1.1 Minimum Guarantee and Royalty Payments

[Note: to be completed based on successful proposal]

1.2 Payment Terms The Minimum Guarantee and Royalties must be paid by transfer into the following bank account or another bank account as instructed by NTMEC in writing:

Any and all payments and contributions to be made under this Agreement by Supplier to NTMEC must be made in freely transferable AUS dollars free and clear of, and without deduction or liability for, any and all taxes (including GST), set-offs, deductions and/or withholdings of whatsoever nature which may be applicable in respect of such payment. All amounts payable hereunder that are not paid on the due date shall bear interest at the rate of three percent (3%) prorated on a daily basis. The payment of such interest shall be in addition to and not in substitution of any and all other remedies available to NTMEC in respect of non-payment.
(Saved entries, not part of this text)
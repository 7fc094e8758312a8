-- ===== src/ContextBudget/Rejection.antt =====
-- context_budget.py, `is_context_rejection`: does an upstream's error say that the prompt is too long?
-- A code that is a list or an object never reads as one of the two codes.
use Prim.Native.Char.{code}
use Prim.Native.String.{String, [] as empty, ◌∷◌ as ◌◁◌, ◌++◌ as ◌+++◌}
use buddy2api.Prelude.{
  ℕ, zero, suc, Bool, true, false, ◌&&◌, ◌||◌, List, [], ◌∷◌, ◌++◌, str_eq, leb, ◌==◌,
}
use buddy2api.Prelude.Texts.{lstrip}
use buddy2api.History.{
  Json, null, plain, str, arr, obj, Items, no_items, item, Fields, no_fields, field,
}
use buddy2api.ContextBudget.{Builtins, huge_prompt_tokens}

abbrev pub is_code_key : String → Bool
is_code_key key = str_eq key "code" || (str_eq key "error_code" || str_eq key "errCode")

-- `str(item)` is the code
abbrev pub reads_as : String → Json → Bool
reads_as wanted (plain s) = str_eq s wanted
reads_as wanted (str s) = str_eq s wanted
reads_as wanted _ = false

-- `wanted in codes` for the codes that `_walk_codes` finds
unfoldable mutual
  pub has_code : String → Json → Bool
  has_code wanted (arr items) = items_have wanted items
  has_code wanted (obj fields) = fields_have wanted fields
  has_code wanted null = false
  has_code wanted (plain s) = false
  has_code wanted (str s) = false

  pub items_have : String → Items → Bool
  items_have wanted no_items = false
  items_have wanted (item j items) = has_code wanted j || items_have wanted items

  pub fields_have : String → Fields → Bool
  fields_have wanted no_fields = false
  fields_have wanted (field key j fields) =
      (is_code_key key && reads_as wanted j) || (has_code wanted j || fields_have wanted fields)

-- `_texts`
mutual
  pub texts : Json → List String
  texts (str s) = s ∷ []
  texts (arr items) = items_texts items
  texts (obj fields) = fields_texts fields
  texts null = []
  texts (plain s) = []

  pub items_texts : Items → List String
  items_texts no_items = []
  items_texts (item j items) = texts j ++ items_texts items

  pub fields_texts : Fields → List String
  fields_texts no_fields = []
  fields_texts (field key j fields) = texts j ++ fields_texts fields

-- `"\n".join(parts)`
unfoldable pub join_lines : List String → String
join_lines [] = empty
join_lines (s ∷ []) = s
join_lines (s ∷ t ∷ parts) = s +++ ("\n" ◁ join_lines (t ∷ parts))

unfoldable pub starts_with : String → String → Bool
starts_with empty s = true
starts_with (c ◁ word) empty = false
starts_with (c ◁ word) (d ◁ s) = (code c == code d) && starts_with word s

-- `word in text`
unfoldable pub contains : String → String → Bool
unfolding starts_with
contains word empty = starts_with word empty
contains word (c ◁ s) = starts_with word (c ◁ s) || contains word s

abbrev pub any_in : List String → String → Bool
any_in [] text = false
any_in (word ∷ words) text = contains word text || any_in words text

abbrev pub context_words : List String
context_words =
    "context length" ∷ "context window" ∷ "maximum context" ∷ "too long" ∷ "token limit"
    ∷ "context_length_exceeded" ∷ "上下文" ∷ "超出" ∷ "过长" ∷ []

-- `text[:n]`
abbrev pub prefix : ℕ → String → String
prefix zero s = empty
prefix (suc n) empty = empty
prefix (suc n) (c ◁ s) = c ◁ prefix n s

unfoldable pub looks_html : Builtins → String → Bool
unfolding contains lstrip
looks_html py text =
    let sample = py.lower (prefix 200 (lstrip text)) in
    starts_with "<" sample || (contains "<html" sample || contains "<!doctype" sample)

unfoldable pub is_context_rejection : Builtins → ℕ → Json → ℕ → Bool
unfolding join_lines contains looks_html
is_context_rejection py status detail prompt_tokens =
    let blob = join_lines (texts detail) in
    let huge = leb huge_prompt_tokens prompt_tokens in
    has_code "11115" detail
    || (any_in context_words (py.lower blob)
        || ((has_code "11133" detail && huge)
            || ((status == 502 || status == 503) && (looks_html py blob && huge))))

abbrev pub any_html : Builtins → List String → Bool
any_html py [] = false
any_html py (s ∷ parts) = looks_html py s || any_html py parts

unfoldable pub detail_html : Builtins → Json → Bool
unfolding looks_html
detail_html py detail = any_html py (texts detail)
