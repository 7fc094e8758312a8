-- ===== src/Providers.antt =====
-- providers/__init__.py and providers/protocol.py: the channels that the deployment enables.
pub mod Enabled
mod Tests
use buddy2api.Prelude.{
  Bool, true, false, not, ◌||◌, Option, none, some, List, [], ◌∷◌, ◌++◌, map, String, str_eq,
  if◌then◌else◌,
}
use buddy2api.Prelude.Member.{keep}
use buddy2api.Prelude.Texts.{strip, split, is_empty, str_in}

abbrev pub known_channel_ids : List String
known_channel_ids =
    "workbuddy" ∷ "workbuddy-i" ∷ "qclaw" ∷ "qwenwork" ∷ "qoderwork" ∷ "qoder" ∷ "qoder-i"
    ∷ "traework" ∷ "loomy" ∷ "xiaohuanxiong" ∷ []

abbrev pub retired_channel_ids : List String
retired_channel_ids = "qclaw" ∷ []

abbrev pub default_provider_ids : List String
default_provider_ids =
    "workbuddy" ∷ "workbuddy-i" ∷ "qwenwork" ∷ "qoder" ∷ "qoder-i" ∷ "traework" ∷ "loomy"
    ∷ "xiaohuanxiong" ∷ []

abbrev pub is_known_channel : String → Bool
is_known_channel channel = str_in channel known_channel_ids

abbrev pub is_retired_channel : String → Bool
is_retired_channel channel = str_in channel retired_channel_ids

-- The result of `_parse_enabled`; `unknown` holds the ids that the `RuntimeError` names.
pub data Parsed : Type 0 where
  enabled : List String → Parsed
  unknown : List String → Parsed

-- The loop over `parts`.
unfoldable pub append_new : List String → List String → List String
append_new ordered [] = ordered
append_new ordered (item ∷ parts) =
    append_new
      (if str_eq item "workbuddy" || str_in item ordered then ordered else ordered ++ item ∷ [])
      parts

abbrev pub with_workbuddy : List String → List String
with_workbuddy parts = if str_in "workbuddy" parts then parts else "workbuddy" ∷ parts

abbrev pub order_ids : List String → List String → Parsed
order_ids [] parts = enabled (append_new ("workbuddy" ∷ []) (with_workbuddy parts))
order_ids unknown_ids parts = unknown unknown_ids

abbrev pub or_default : List String → Parsed
or_default [] = enabled default_provider_ids
or_default parts = order_ids (keep (λ item. not (is_known_channel item)) parts) parts

-- `raw` is the environment's CB_GATEWAY_PROVIDERS, or the empty text.
unfoldable pub parse_enabled : String → Parsed
unfolding append_new strip split
parse_enabled raw =
    let parts = keep (λ item. not (is_empty item)) (map strip (split "," (strip raw))) in
    if is_empty (strip raw)
    then enabled default_provider_ids
    else or_default (keep (λ item. not (is_retired_channel item)) parts)

abbrev pub is_channel_enabled : List String → String → Bool
is_channel_enabled ids channel = str_in channel ids

-- `_LOADED` is a function from ids.
abbrev pub get_provider {ℓ} : {P : Type ℓ} → List String → (String → Option P) → String → Option P
get_provider ids loaded channel = if is_channel_enabled ids channel then loaded channel else none
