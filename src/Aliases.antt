-- ===== src/Aliases.antt =====
-- aliases.py: the model aliases of each channel, those of the user over the built-in ones.
-- The built-in table of a channel is an argument, and so is the value of the setting, `none` where the database has no table for it.
pub mod Dicts
pub mod Stripped
pub mod Stored
pub mod Resolved
mod Tests
use Prim.Native.String.{[] as empty, ◌++◌ as ◌+++◌}
use buddy2api.Prelude.{
  Bool, true, false, not, ◌&&◌, ◌||◌, Option, none, some, List, [], ◌∷◌, String, str_eq,
  if◌then◌else◌,
}
use buddy2api.Prelude.Texts.{strip, is_empty}
use buddy2api.History.{Json, null, plain, str, arr, obj, Fields, no_fields, field, is_truthy}
use buddy2api.ContextBudget.Rejection.{contains}
use buddy2api.Providers.{is_known_channel}

-- A dict with text keys.
module _ {A : Type 0} where
  abbrev pub has_entry : String → List (String × A) → Bool
  has_entry k [] = false
  has_entry k ((j, b) ∷ m) = str_eq j k || has_entry k m

  abbrev pub find_entry : String → List (String × A) → Option A
  find_entry k [] = none
  find_entry k ((j, b) ∷ m) = if str_eq j k then some b else find_entry k m

  abbrev pub put_entry : String → A → List (String × A) → List (String × A)
  put_entry k a [] = (k, a) ∷ []
  put_entry k a ((j, b) ∷ m) =
      let rest = put_entry k a m in if str_eq j k then (j, a) ∷ m else (j, b) ∷ rest

abbrev pub AliasMap : Type 0
AliasMap = List (String × String)

abbrev pub Stored : Type 0
Stored = List (String × AliasMap)

-- `_clean_map`
abbrev pub put_clean : String → String → AliasMap → AliasMap
put_clean alias target out =
    if is_empty alias || is_empty target then out else put_entry alias target out

unfoldable pub clean_fields : Fields → AliasMap → AliasMap
clean_fields no_fields out = out
clean_fields (field key (str value) raw) out =
    clean_fields raw (put_clean (strip key) (strip value) out)
clean_fields (field key _ raw) out = clean_fields raw out

unfoldable pub clean_map : Json → AliasMap
unfolding clean_fields
clean_map (obj d) = clean_fields d []
clean_map _ = []

-- `load_user_aliases`
abbrev pub any_object : Fields → Bool
any_object no_fields = false
any_object (field key (obj d) raw) = true
any_object (field key _ raw) = any_object raw

unfoldable pub load_channels : Fields → Stored → Stored
unfolding clean_map
load_channels no_fields out = out
load_channels (field channel (obj d) raw) out =
    load_channels raw (put_entry channel (clean_map (obj d)) out)
load_channels (field channel _ raw) out = load_channels raw out

abbrev pub load_object : Fields → Stored
load_object no_fields = []
load_object (field key j raw) =
    if any_object (field key j raw)
    then load_channels (field key j raw) []
    else ("workbuddy", clean_map (obj (field key j raw))) ∷ []

unfoldable pub load_user_aliases : Option Json → Stored
unfolding load_channels clean_map
load_user_aliases (some (obj d)) = load_object d
load_user_aliases _ = []

-- `user_aliases_for`, `merged_map` and `resolve`
abbrev pub map_or_empty : Option AliasMap → AliasMap
map_or_empty none = []
map_or_empty (some m) = m

abbrev pub user_aliases_for : String → Option Json → AliasMap
user_aliases_for channel setting = map_or_empty (find_entry channel (load_user_aliases setting))

abbrev pub merge : AliasMap → AliasMap → AliasMap
merge out [] = out
merge out ((k, v) ∷ user) = merge (put_entry k v out) user

abbrev pub or_same : Option String → String → String
or_same none value = value
or_same (some target) value = target

module _ (builtin : String → AliasMap) where
  unfoldable pub merged_map : String → Option Json → AliasMap
  unfolding load_user_aliases
  merged_map channel setting = merge (builtin channel) (user_aliases_for channel setting)

  unfoldable pub resolve : String → String → Option Json → String
  unfolding merged_map
  resolve channel model setting =
      let value = strip model in
      if is_empty value
      then value
      else or_same (find_entry value (merged_map channel setting)) value

-- `save_user_aliases`, with the text of an AliasError.
pub data Saving (A : Type 0) : Type 0 where
  alias_error : String → Saving A
  saved : A → Saving A

abbrev pub all_text : Fields → Bool
all_text no_fields = true
all_text (field key (str s) d) = all_text d
all_text (field key _ d) = false

abbrev pub payload_of : Fields → Fields
payload_of no_fields = no_fields
payload_of (field key j d) =
    if all_text (field key j d)
    then field "workbuddy" (obj (field key j d)) no_fields
    else field key j d

module _ (builtin : String → AliasMap) where
  -- The loop over the aliases of a channel.
  unfoldable pub clean_saved : String → Fields → AliasMap → Saving AliasMap
  unfolding contains
  clean_saved name no_fields clean = saved clean
  clean_saved name (field key (str value) mapping) clean =
      let alias = strip key in
      let target = strip value in
      let skip = clean_saved name mapping clean in
      let keep = clean_saved name mapping (put_entry alias target clean) in
      if is_empty alias || is_empty target
      then skip
      else if contains "/" alias
      then alias_error "alias must not contain '/'"
      else if has_entry alias (builtin name)
      then skip
      else keep
  clean_saved name (field key _ mapping) clean =
      alias_error "aliases must map string names to string model IDs"

  abbrev pub save_mapping : String → Json → Saving AliasMap
  save_mapping name (obj mapping) =
      if all_text mapping
      then clean_saved name mapping []
      else alias_error "aliases must map string names to string model IDs"
  save_mapping name _ = alias_error ("aliases for '" +++ (name +++ "' must be an object"))

  abbrev pub save_channel : String → Json → Saving AliasMap
  save_channel name mapping =
      if is_empty name
      then alias_error "channel is required"
      else if not (is_known_channel name)
      then alias_error ("unknown channel '" +++ (name +++ "'"))
      else save_mapping name mapping

  unfoldable pub save_channels : Fields → Stored → Saving Stored
  unfolding clean_saved
  save_channels no_fields stored = saved stored
  save_channels (field channel mapping payload) stored =
      let name = strip channel in
      elim (save_channel name mapping) [
        | alias_error e ↦ alias_error e
        | saved clean ↦ save_channels payload (put_entry name clean stored)
      ]

  -- What is stored, where nothing is refused; the setting is the one before.
  unfoldable pub save_user_aliases : Json → Option Json → Saving Stored
  unfolding save_channels load_user_aliases
  save_user_aliases (obj data_fields) setting =
      save_channels (payload_of data_fields) (load_user_aliases setting)
  save_user_aliases _ setting = alias_error "aliases must be an object"

-- The value of the setting that `db.set_setting` stores.
abbrev pub alias_fields : AliasMap → Fields
alias_fields [] = no_fields
alias_fields ((k, v) ∷ m) = field k (str v) (alias_fields m)

abbrev pub stored_fields : Stored → Fields
stored_fields [] = no_fields
stored_fields ((channel, m) ∷ stored) = field channel (obj (alias_fields m)) (stored_fields stored)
1.3 Costs and expenses Supplier is solely responsible for all costs and expenses in connection with its implementation or other exploitation of the rights granted to it, and the performance of all of its obligations, pursuant to this Agreement and the obtaining of any necessary authorisations, licences or permissions.

1.4 No Set off, Deduction or Counterclaim Supplier's obligations under this Agreement must be performed without any right of Supplier to invoke set off, deductions, counterclaims or other similar analogous rights.